Another trend that can be explored, related to the diversity in names, is the most common last letter of names. To do this, we will extract the last letter for each name, calculate their variation (in proportion for all births on a given year) for a few years, and plot the full trends for the largest variations.

### Extract last letter for all names

# Function to extract last letter
get_last_letter = lambda x: x[-1].upper()
last_letters = full_data['name'].map(get_last_letter)

# Create pivot table of last letters count by gender and year
table = full_data.pivot_table('prop', index=last_letters, columns=['gender', 'year'], aggfunc='sum')
### Get last letters with biggest changes

# Pivot table with last letter count, for 4 years
top_letters = (full_data
               .pivot_table('prop', index=['gender', last_letters], columns=['year'], aggfunc='sum')
               .reindex(columns=[1920, 1950, 1980, 2010], level=None)
               .fillna(0))

# Calculate proportion
top_letters = top_letters.divide(top_letters.sum())

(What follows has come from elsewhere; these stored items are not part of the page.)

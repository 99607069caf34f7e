-- ===== src/Scheduler/Chunk.antt =====
-- `ChunkedReq` of miniinfer/scheduler/scheduler_batch.py.
use mini_infer.Prelude.{ℕ, ◌+◌, ◌-◌, Bool, false, List, take, drop, leb, if◌then◌else◌}
use mini_infer.Scheduler.Req.{Req}

pub record ChunkedReq : Type 0 where
  pub req : Req
  pub cached_len : ℕ
  pub chunk_size : ℕ

unfoldable pub input_len : ChunkedReq → ℕ
input_len c = c.req.total_input_len

-- Truncated at 0, where the source may go below: it is only compared with 0.
unfoldable pub remaining_len : ChunkedReq → ℕ
unfolding input_len
remaining_len c = input_len c - c.cached_len - c.chunk_size

unfoldable pub is_last_chunk : ChunkedReq → Bool
unfolding remaining_len
is_last_chunk c = leb (remaining_len c) 0

unfoldable pub get_chunk_input_ids : ChunkedReq → List ℕ
get_chunk_input_ids c = take c.chunk_size (drop c.cached_len c.req.origin_input_ids)

unfoldable pub update_after_chunk : ChunkedReq → ChunkedReq
unfolding is_last_chunk
update_after_chunk c = record c {
  req = record c.req {
    chunked_prefill_len = c.cached_len + c.chunk_size;
    is_chunked = if is_last_chunk c then false else c.req.is_chunked;
  };
}
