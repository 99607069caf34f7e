-- ===== src/Scheduler/Queues.antt =====
-- The state of `Scheduler` of miniinfer/scheduler/scheduler.py and the calls that only read it or
-- add to it. The cache manager is an interface; the token ratio, a float, is of a type `R`. A
-- request stands in the queues by its identity, and the store says what the object holds.
pub mod Decode
pub mod Pop
pub mod Retract
pub mod Check
pub mod Admit
pub mod Prefill
pub mod Admitted
pub mod Release
pub mod Released
pub mod Loop
pub mod Counters
use mini_infer.Prelude.{
  ℕ, zero, suc, ◌+◌, ◌-◌, Bool, true, false, ◌||◌, Option, none, some, List, [], ◌∷◌, ◌++◌, length,
  ltb, Result,
}
use mini_infer.Prelude.Int.{ℤ}
use mini_infer.Scheduler.Req.{Req}
use mini_infer.Scheduler.Batch.{Store, ScheduledBatch, new_batch}
use mini_infer.Scheduler.Chunk.{ChunkedReq}

-- A `ChunkedReq` whose request is known by its identity.
pub record Chunk : Type 0 where
  pub req : ℕ
  pub cached_len : ℕ
  pub chunk_size : ℕ

-- With what its request holds.
abbrev pub held_chunk : Store → Chunk → ChunkedReq
held_chunk s c = record { req = s c.req; cached_len = c.cached_len; chunk_size = c.chunk_size }

-- What `prepare_for_mixed` leaves: the batch, the requests, and the lengths of the decode requests,
-- which it raises in place.
pub record Mixed (K : Type 0) : Type 0 where
  pub manager : K
  pub store : Store
  pub batch : ScheduledBatch
  pub decode_seq_lens : Option (List ℕ)
  pub decode_seq_lens_cpu : Option (List ℕ)

-- The keyword arguments of `prepare_for_mixed`.
pub record MixedArgs : Type 0 where
  pub decode_seq_lens : Option (List ℕ)
  pub decode_seq_lens_cpu : Option (List ℕ)
  pub decode_input_ids : Option (List ℤ)

-- The calls of `KVCacheManager` that the scheduler makes.
pub record IKvCacheManager (K : Type 0) : Type 0 where
  pub available_tokens : K → ℤ
  pub prefix_for_waiting_req : Req → K → Req × K
  pub release_request : Bool → Req → K → Result K
  pub update_finished_req_radix_cache : Req → K → Result K
  pub begin_free_group : K → K
  pub end_free_group : K → K
  pub prepare_for_mixed :
      List ℕ → List ℕ → MixedArgs → Store → ScheduledBatch → K → Result (Mixed K)
  pub prepare_for_decode : Bool → Store → ScheduledBatch → K → Result (Store × ScheduledBatch × K)

pub record Scheduler (K R : Type 0) : Type 0 where
  pub kv_cache_mgr : K
  pub store : Store
  pub max_batch_size : ℕ
  pub max_extend_len : ℕ
  pub page_size : ℕ
  pub enable_chunked_prefill : Bool
  pub chunked_prefill_size : ℕ
  pub new_token_ratio : R
  pub num_continuous_retract : ℕ
  pub num_continuous_decode_ok : ℕ
  pub waiting_queue : List ℕ
  pub running_batch : ScheduledBatch
  pub chunking_reqs : List Chunk
  pub num_retracted_reqs : ℕ
  pub finished_reqs : List ℕ
  pub pending_release_reqs : List ℕ

pub record EngineConfig : Type 0 where
  pub max_num_seqs : ℕ
  pub max_extend_len : ℕ
  pub page_size : ℕ
  pub enable_chunked_prefill : Bool
  pub chunked_prefill_size : ℕ

module _ {K R : Type 0} where
  -- `Scheduler.__init__`, with the first ratio and the requests that there are.
  unfoldable pub new_scheduler : EngineConfig → K → R → Store → Scheduler K R
  new_scheduler config kv_cache_mgr init_new_token_ratio store = record {
    kv_cache_mgr = kv_cache_mgr;
    store = store;
    max_batch_size = config.max_num_seqs;
    max_extend_len = config.max_extend_len;
    page_size = config.page_size;
    enable_chunked_prefill = config.enable_chunked_prefill;
    chunked_prefill_size = config.chunked_prefill_size;
    new_token_ratio = init_new_token_ratio;
    num_continuous_retract = 0;
    num_continuous_decode_ok = 0;
    waiting_queue = [];
    running_batch = new_batch [];
    chunking_reqs = [];
    num_retracted_reqs = 0;
    finished_reqs = [];
    pending_release_reqs = [];
  }

  unfoldable pub add : ℕ → Scheduler K R → Scheduler K R
  add req s = record s { waiting_queue = s.waiting_queue ++ req ∷ [] }

  unfoldable pub has_unfinished : Scheduler K R → Bool
  has_unfinished s =
      ltb 0 (length s.waiting_queue)
      || ltb 0 (length s.running_batch.reqs)
      || ltb 0 (length s.chunking_reqs)

  unfoldable pub get_num_unfinished : Scheduler K R → ℕ
  get_num_unfinished s =
      length s.waiting_queue + length s.running_batch.reqs + length s.chunking_reqs
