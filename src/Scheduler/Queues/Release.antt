-- ===== src/Scheduler/Queues/Release.antt =====
-- `_handle_finished_requests` and `drain_pending_releases` of miniinfer/scheduler/scheduler.py.
use mini_infer.Prelude.{
  ℕ, Bool, true, false, Option, none, some, List, [], ◌∷◌, ◌++◌, length, take, drop, filter, ◌==◌,
  ◌||◌, if◌then◌else◌, Result, ok, err, assertion_error, ◌>>=◌,
}
use mini_infer.Prelude.Int.{ℤ, pos, leb_ℤ, pos_part}
use mini_infer.Scheduler.Batch.{Store, write_req}
use mini_infer.Scheduler.Queues.{IKvCacheManager, Scheduler}

abbrev pub is_in : ℕ → List ℕ → Bool
is_in x [] = false
is_in x (y ∷ ys) = x == y || is_in x ys

-- `max_reqs is None or max_reqs <= 0`
abbrev pub no_cap : Option ℤ → Bool
no_cap none = true
no_cap (some z) = leb_ℤ z (pos 0)

abbrev pub cap_of : Option ℤ → ℕ
cap_of none = 0
cap_of (some z) = pos_part z

module _ {K R : Type 0} where
  unfoldable pub handle_finished_requests : List ℕ → List ℕ → Scheduler K R → Scheduler K R
  handle_finished_requests reqs finished_req_ids s =
      let done = filter (λ r. is_in (s.store r).req_id finished_req_ids) reqs in
      record s {
        pending_release_reqs = s.pending_release_reqs ++ done;
        finished_reqs = s.finished_reqs ++ done;
      }

-- `if req.req_pool_idx != -1`
abbrev pub has_row : Option ℕ → Bool
has_row none = false
has_row (some i) = true

module _ {K : Type 0} (kv : IKvCacheManager K) where
  -- One request released: the manager, and the store with its row gone.
  unfoldable pub release_pending : ℕ → Store → K → Result (Store × K)
  release_pending r store k =
      let next =
        kv.update_finished_req_radix_cache (store r) k
        >>= (λ k'. ok (write_req r (record (store r) { req_pool_idx = none }) store, k')) in
      if has_row (store r).req_pool_idx then next else err assertion_error

  unfoldable pub release_all : List ℕ → Store → K → Result (Store × K)
  unfolding release_pending
  release_all [] store k = ok (store, k)
  release_all (r ∷ reqs) store k = release_pending r store k >>= (λ x. release_all reqs x.0 x.1)

-- The requests to release and those that stay.
abbrev pub drain_split : Option ℤ → List ℕ → List ℕ × List ℕ
drain_split max_reqs pending =
    if no_cap max_reqs
    then (pending, [])
    else (take (cap_of max_reqs) pending, drop (cap_of max_reqs) pending)

module _ {K R : Type 0} (kv : IKvCacheManager K) where
  -- The release in one group of frees, where the allocator can group them.
  abbrev pub drain_some : Bool → List ℕ × List ℕ → Scheduler K R → Result (ℕ × Scheduler K R)
  drain_some free_group (to_release, pending) s =
      let start = if free_group then kv.begin_free_group s.kv_cache_mgr else s.kv_cache_mgr in
      release_all kv to_release s.store start >>= (λ x. ok (
        length to_release,
        record s {
          pending_release_reqs = pending;
          store = x.0;
          kv_cache_mgr = if free_group then kv.end_free_group x.1 else x.1;
        },
      ))

  unfoldable pub drain_pending_releases :
      Bool → Option ℤ → Scheduler K R → Result (ℕ × Scheduler K R)
  unfolding release_all
  drain_pending_releases free_group max_reqs s = elim s.pending_release_reqs [
    | [] ↦ ok (0, s)
    | r ∷ reqs ↦ drain_some free_group (drain_split max_reqs (r ∷ reqs)) s
  ]
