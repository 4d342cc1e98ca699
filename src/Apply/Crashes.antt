-- ===== src/Apply/Crashes.antt =====
-- The crashes of dispatch_apply's event ("Corrupt thread event value", and the assertion of its
-- destruction) are never reached.
use book.Base.{ℕ, ◌+◌, ◌≡◌, ◌≢◌, some, get_elem?, total, total-remove, refl, total-add, arith}
use book.Apply.{
  Choice, proceed, spurious, Pc, start, calling, again, finish, signal, waking, wait, wait_slow,
  sleep, parked, destroy, leave, freeing, gone, crash, advance, Thread, System, Reach, take_index,
  call_back, lower_todo, event_signal, event_wait, event_wait_slow, ulock_wait, event_destroy,
  lower_thr_cnt,
}
use book.Apply.Weights.{waiter, waited, through, stray, waited-le}
use book.Apply.Invariant.{Inv, Sized, Reach-Inv}

module _ (iter n : ℕ) (s : System) (inv : Inv iter n s) (i : ℕ) (t : Thread)
    (at : get_elem? s.threads i ≡ some t) where
  -- Nobody but the caller has lowered the event's value.
  alone : waited t ≡ 1 → stray t ≡ 0 → waiter t ≡ 1 → total waited s.threads ≡ 1
  alone e z w = omega (
    arith,
    inv.counts.one_waiter,
    inv.counts.strays,
    total-add waited waiter stray s.threads waited-le,
    total-remove waited s.threads i t at,
  )

  slow_goes_on : t.pc ≡ wait_slow → event_wait_slow s.mem ≢ crash
  unfolding event_wait_slow waited stray waiter
  slow_goes_on pc h = ground (arith, alone, inv.counts, total-remove stray s.threads i t at)

  destroy_goes_on : t.pc ≡ destroy → event_destroy s.mem ≢ crash
  unfolding event_destroy waited stray waiter through
  destroy_goes_on pc h = ground (
    arith,
    alone,
    inv.counts,
    total-remove stray s.threads i t at,
    total-remove through s.threads i t at,
  )

  pub goes_on : (c : Choice) (pc : Pc) → t.pc ≡ pc → advance iter c t.waits pc s.mem ≢ crash
  unfolding advance
  goes_on proceed start e = unfold take_index in λ h. ground arith
  goes_on proceed (calling idx done) e = unfold call_back in λ h. ground arith
  goes_on proceed (again done) e = unfold take_index in λ h. ground arith
  goes_on proceed (finish done) e = unfold lower_todo in λ h. ground arith
  goes_on proceed signal e = unfold event_signal in λ h. ground arith
  goes_on proceed waking e = λ h. ground arith
  goes_on proceed wait e = unfold event_wait in λ h. ground arith
  goes_on proceed wait_slow e = slow_goes_on e
  goes_on proceed sleep e = unfold ulock_wait in λ h. ground arith
  goes_on proceed parked e = λ h. ground arith
  goes_on proceed destroy e = destroy_goes_on e
  goes_on proceed leave e = unfold lower_thr_cnt in λ h. ground arith
  goes_on proceed freeing e = λ h. ground arith
  goes_on proceed gone e = λ h. ground arith
  goes_on spurious parked e = λ h. ground arith
  goes_on spurious pc e = λ h. ground arith

-- No access of any thread, in any state that an interleaving reaches, comes to a crash, if there is
-- work and the numbers of indices and threads are far from the ends of their types.
apply-ne-crash :
    (iter others : ℕ) (s : System) (i : ℕ) (t : Thread) (c : Choice)
    → Sized iter others
    → Reach iter others s
    → get_elem? s.threads i ≡ some t
    → advance iter c t.waits t.pc s.mem ≢ crash
apply-ne-crash iter others s i t c sized r at =
    goes_on iter (others + 1) s (Reach-Inv sized r) i t at c t.pc refl
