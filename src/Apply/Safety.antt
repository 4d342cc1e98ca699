-- ===== src/Apply/Safety.antt =====
-- What holds of dispatch_apply in every state that any interleaving reaches.
use book.Base.{
  ℕ, ◌+◌, ◌≤◌, ◌≡◌, ◌⊎◌, ltb, if◌then◌else◌, true, some, get_elem?, total, total-le_total, le-total,
  arith,
}
use book.Apply.{gone, Thread, System, Reach}
use book.Apply.Weights.{inside, at_index, through, present, waiter, frees, at_index-le}
use book.Apply.Invariant.{Inv, Sized, Reach-Inv}

module _ (iter n : ℕ) (s : System) (inv : Inv iter n s) where
  -- Once da_todo is 0, every index has run and nobody runs one.
  done_of_Inv :
      (i : ℕ) (t : Thread)
      → get_elem? s.threads i ≡ some t
      → through t ≡ 1
      → (total inside s.threads ≡ 0) × (iter ≤ s.mem.index)
  done_of_Inv i t at e = ground (arith, inv.counts, le-total through s.threads i t at)

  no_index : (k : ℕ) → total inside s.threads ≡ 0 → total (at_index k) s.threads ≡ 0
  no_index k z = ground (arith, total-le_total (at_index k) inside s.threads (at_index-le k))

  ran_of_Inv :
      (i : ℕ) (t : Thread) (k : ℕ)
      → get_elem? s.threads i ≡ some t
      → through t ≡ 1
      → s.mem.ran k ≡ (if ltb k iter then 1 else 0)
  ran_of_Inv i t k at e =
      let (z, past_end) = done_of_Inv i t at e in ground (arith, inv.each k, no_index k z)

  at_most_once_of_Inv : (k : ℕ) → s.mem.ran k ≤ (if ltb k iter then 1 else 0)
  at_most_once_of_Inv k = ground (arith, inv.each k)

  -- A thread that has not lowered da_thr_cnt keeps the structure alive.
  freed_of_Inv :
      (i : ℕ) (t : Thread)
      → get_elem? s.threads i ≡ some t
      → (s.mem.freed ≡ 0) ⊎ ((s.mem.freed ≡ 1) × (t.pc ≡ gone))
  unfolding present frees
  freed_of_Inv i t at =
      ground (arith, inv.counts, le-total present s.threads i t at, le-total frees s.threads i t at)

-- When the caller of dispatch_apply has returned, the function has returned exactly once for each
-- index below the number of iterations and never for another, and no thread is still in it, if there
-- is work and the numbers of indices and threads are far from the ends of their types.
pub ran-exactly_once :
    (iter others : ℕ) (s : System) (i : ℕ) (t : Thread)
    → Sized iter others
    → Reach iter others s
    → get_elem? s.threads i ≡ some t
    → t.waits ≡ true
    → t.pc ≡ gone
    → ((k : ℕ) → s.mem.ran k ≡ (if ltb k iter then 1 else 0)) × (total inside s.threads ≡ 0)
unfolding through waiter
ran-exactly_once iter others s i t sized r at caller back =
    let inv = Reach-Inv sized r in
    let e : through t ≡ 1 = ground arith in
    (
      λ k. ran_of_Inv iter (others + 1) s inv i t k at e,
      (done_of_Inv iter (others + 1) s inv i t at e).0,
    )

-- In every state that an interleaving reaches, the function has returned at most once for each
-- index below the number of iterations, and never for another, if there is work and the numbers of
-- indices and threads are far from the ends of their types.
ran-at_most_once :
    (iter others : ℕ) (s : System) (k : ℕ)
    → Sized iter others
    → Reach iter others s
    → s.mem.ran k ≤ (if ltb k iter then 1 else 0)
ran-at_most_once iter others s k sized r =
    at_most_once_of_Inv iter (others + 1) s (Reach-Inv sized r) k

-- Under the same conditions, in every state that is reached the structure is not freed, or it was
-- freed once and every thread is gone, so that nobody reads or writes it afterwards.
pub freed-gone :
    (iter others : ℕ) (s : System) (i : ℕ) (t : Thread)
    → Sized iter others
    → Reach iter others s
    → get_elem? s.threads i ≡ some t
    → (s.mem.freed ≡ 0) ⊎ ((s.mem.freed ≡ 1) × (t.pc ≡ gone))
freed-gone iter others s i t sized r at =
    freed_of_Inv iter (others + 1) s (Reach-Inv sized r) i t at
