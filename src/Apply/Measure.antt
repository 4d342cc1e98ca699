-- ===== src/Apply/Measure.antt =====
-- A number that every access of dispatch_apply lowers: what is left of the indices, and how far each
-- thread has to go.
use book.Base.{
  ℕ, ◌+◌, ◌-◌, ◌*◌, ◌%◌, ◌^◌, ◌≤◌, ◌<◌, Bool, true, false, min, ltb, ◌==◌, if◌then◌else◌, if-elim,
  arith, sub64,
}
use book.Apply.{
  Memory, proceed, Pc, start, calling, again, finish, signal, waking, wait, wait_slow, sleep,
  parked, destroy, leave, freeing, gone, awaited, out, Outcome, next, wake_all, crash, blocked,
  advance, take_index, call_back, lower_todo, event_signal, event_wait, event_wait_slow, ulock_wait,
  event_destroy, lower_thr_cnt, Thread, unpark,
}
use book.Apply.Weights.{taking, past, waited}
use book.Apply.Moves.{Tally, Holds, with_thread, thread_at}

-- A caller has another way to go when the event's value is UINT32_MAX than when it was signalled.
unfoldable pub rank : Bool → Thread → ℕ
rank unsignalled t = elim t.pc [
  | start ↦ 70
  | calling idx done ↦ 70
  | again done ↦ 60
  | finish done ↦ 50
  | signal ↦ 40
  | waking ↦ 18
  | wait ↦ 8
  | wait_slow ↦ if unsignalled then 3 else 4
  | sleep ↦ if unsignalled then 2 else 5
  | parked ↦ 1
  | destroy ↦ 3
  | leave ↦ 2
  | freeing ↦ 1
  | gone ↦ 0
]

pub rank-change : (b b' : Bool) (t : Thread) → rank b' t ≤ rank b t + 3 * waited t
unfolding rank waited
rank-change true true t = ground arith
rank-change true false t = ground arith
rank-change false true t = ground arith
rank-change false false t = ground arith

pub rank-unpark : (b : Bool) (t : Thread) → rank b (unpark t) ≤ rank b t + 3 * waited t
unfolding rank waited unpark
rank-unpark true t = ground arith
rank-unpark false t = ground arith

abbrev pub indices_left : ℕ → Memory → ℕ
indices_left iter m = 20 * (iter - min m.index iter)

abbrev pub unsignalled : Memory → Bool
unsignalled m = m.value == awaited

-- The mover's way, with the others' ranks, falls. The others' ranks change little.
module _ (iter : ℕ) (ranks : Bool → ℕ) (waits : Bool) (pc : Pc) (m : Memory) where
  unfoldable pub before : ℕ
  before = indices_left iter m + ranks (unsignalled m) + rank (unsignalled m) (thread_at waits pc)

  unfoldable pub Falls : Outcome → Type 0
  Falls (next m' pc') =
      indices_left iter m' + ranks (unsignalled m') + rank (unsignalled m') (thread_at waits pc')
      < before
  Falls (wake_all m' pc') =
      indices_left iter m'
        + (ranks (unsignalled m') + 3)
        + rank (unsignalled m') (thread_at waits pc')
      < before
  Falls crash = Unit
  Falls blocked = Unit

module _ (iter n : ℕ) (others : Tally) (ranks : Bool → ℕ)
    (slack : (b b' : Bool) → ranks b' ≤ ranks b + 3) (waits : Bool) (m : Memory) where
  start-Falls :
      Holds iter n m (with_thread others waits start)
      → Falls iter ranks waits start m (take_index iter m (out waits) (λ idx. calling idx 0))
  unfolding take_index Falls before rank taking past
  start-Falls h =
      if-elim (Falls iter ranks waits start m) (ltb m.index iter) (λ e. ground (arith, h.counts))
        (λ e. ground (arith, h.counts))

  again-Falls :
      (done : ℕ)
      → Holds iter n m (with_thread others waits (again done))
      → Falls iter ranks waits
          (again done)
          m
          (take_index iter m (finish done) (λ idx. calling idx done))
  unfolding take_index Falls before rank taking past
  again-Falls done h =
      if-elim (Falls iter ranks waits (again done) m) (ltb m.index iter)
        (λ e. ground (arith, h.counts)) (λ e. ground (arith, h.counts))

  finish-Falls : (done : ℕ) → Falls iter ranks waits (finish done) m (lower_todo waits done m)
  unfolding lower_todo Falls before rank
  finish-Falls done =
      if-elim (Falls iter ranks waits (finish done) m) (sub64 m.todo done == 0) (λ e. ground arith)
        (λ e. ground arith)

  signal-Falls : Falls iter ranks waits signal m (event_signal waits m)
  unfolding event_signal Falls before rank
  signal-Falls =
      let m' : Memory = record m { value = (m.value + 1) % 2 ^ 32; signals = m.signals + 1 } in
      let change = slack (unsignalled m) (unsignalled m') in
      if-elim (Falls iter ranks waits signal m) (m.value == 0) (λ e. ground arith)
        (λ e. ground arith)

  wait-Falls : Falls iter ranks waits wait m (event_wait m)
  unfolding event_wait Falls before rank
  wait-Falls =
      let m' : Memory = record m { value = (m.value + awaited) % 2 ^ 32 } in
      let change = slack (unsignalled m) (unsignalled m') in
      if-elim (Falls iter ranks waits wait m) ((m.value + awaited) % 2 ^ 32 == 0)
        (λ e. ground arith) (λ e. ground arith)

  wait_slow-Falls : Falls iter ranks waits wait_slow m (event_wait_slow m)
  unfolding event_wait_slow Falls before rank
  wait_slow-Falls =
      if-elim (Falls iter ranks waits wait_slow m) (m.value == 0) (λ e. ground arith)
        (λ e.
          if-elim (Falls iter ranks waits wait_slow m) (m.value == awaited) (λ f. ground arith)
            (λ f. tt))

  sleep-Falls : Falls iter ranks waits sleep m (ulock_wait m)
  unfolding ulock_wait Falls before rank
  sleep-Falls =
      if-elim (Falls iter ranks waits sleep m) (m.value == awaited) (λ e. ground arith)
        (λ e. ground arith)

  destroy-Falls : Falls iter ranks waits destroy m (event_destroy m)
  unfolding event_destroy Falls before rank
  destroy-Falls =
      if-elim (Falls iter ranks waits destroy m) (m.value == 0) (λ e. ground arith) (λ e. tt)

  leave-Falls : Falls iter ranks waits leave m (lower_thr_cnt m)
  unfolding lower_thr_cnt Falls before rank
  leave-Falls =
      if-elim (Falls iter ranks waits leave m) ((m.thr_cnt + 2 ^ 32 - 1) % 2 ^ 32 == 0)
        (λ e. ground arith) (λ e. ground arith)

  -- Every access that is not an unexplained wakeup lowers the measure.
  pub advance-Falls :
      (pc : Pc)
      → Holds iter n m (with_thread others waits pc)
      → Falls iter ranks waits pc m (advance iter proceed waits pc m)
  unfolding advance
  advance-Falls start h = start-Falls h
  advance-Falls (calling idx done) h = unfold call_back Falls before rank in omega arith
  advance-Falls (again done) h = again-Falls done h
  advance-Falls (finish done) h = finish-Falls done
  advance-Falls signal h = signal-Falls
  advance-Falls waking h = unfold Falls before rank in ground arith
  advance-Falls wait h = wait-Falls
  advance-Falls wait_slow h = wait_slow-Falls
  advance-Falls sleep h = sleep-Falls
  advance-Falls parked h = unfold Falls in tt
  advance-Falls destroy h = destroy-Falls
  advance-Falls leave h = leave-Falls
  advance-Falls freeing h = unfold Falls before rank in omega arith
  advance-Falls gone h = unfold Falls in tt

# Calculate cumumated sum of absolute variations
top_letters['delta'] = abs(top_letters.iloc[:, 0] - top_letters.iloc[:, 3])
top_letters['cum_delta'] = abs(top_letters - top_letters.shift(1, axis=1)).sum(axis=1)

# Sort by largest variations
top_letters = top_letters.reset_index(level='gender').sort_values(by=['delta'], ascending=False)

# Display
top_letters.head(6)
year gender 1920 1950 1980 2010 delta cum_delta
name
E F 0.468938 0.445962 0.331438 0.166246 0.302692 0.439137
A F 0.020459 0.010653 0.097037 0.191149 0.170690 0.210761
O M 0.000809 0.002978 0.005748 0.056995 0.056186 0.056995
É M 0.053783 0.020803 0.002914 0.001783 0.052001 0.102219
S F 0.004462 0.005080 0.011463 0.051508 0.047046 0.051508
N M 0.080852 0.097837 0.103746 0.127540 0.046687 0.127540
### Plot trends for top letters variations

# Get top letters for Males and Females
top_f = top_letters[top_letters['gender'] == 'F'].head(3).index.tolist()
top_m = top_letters[top_letters['gender'] == 'M'].head(3).index.tolist()

# Get table with every year
graph = table / table.sum()

# Plots
fig, axes = plt.subplots(2, 1, figsize=(10, 12))
graph.loc[top_m, 'M'].T.plot(ax=axes[0], title='Males')
graph.loc[top_f, 'F'].T.plot(ax=axes[1], title='Females')

png

The most impressive trends is for female babies, with names ending with an “e” dropping from 90% to 30%, and replaced for the most part by names ending with an “a”.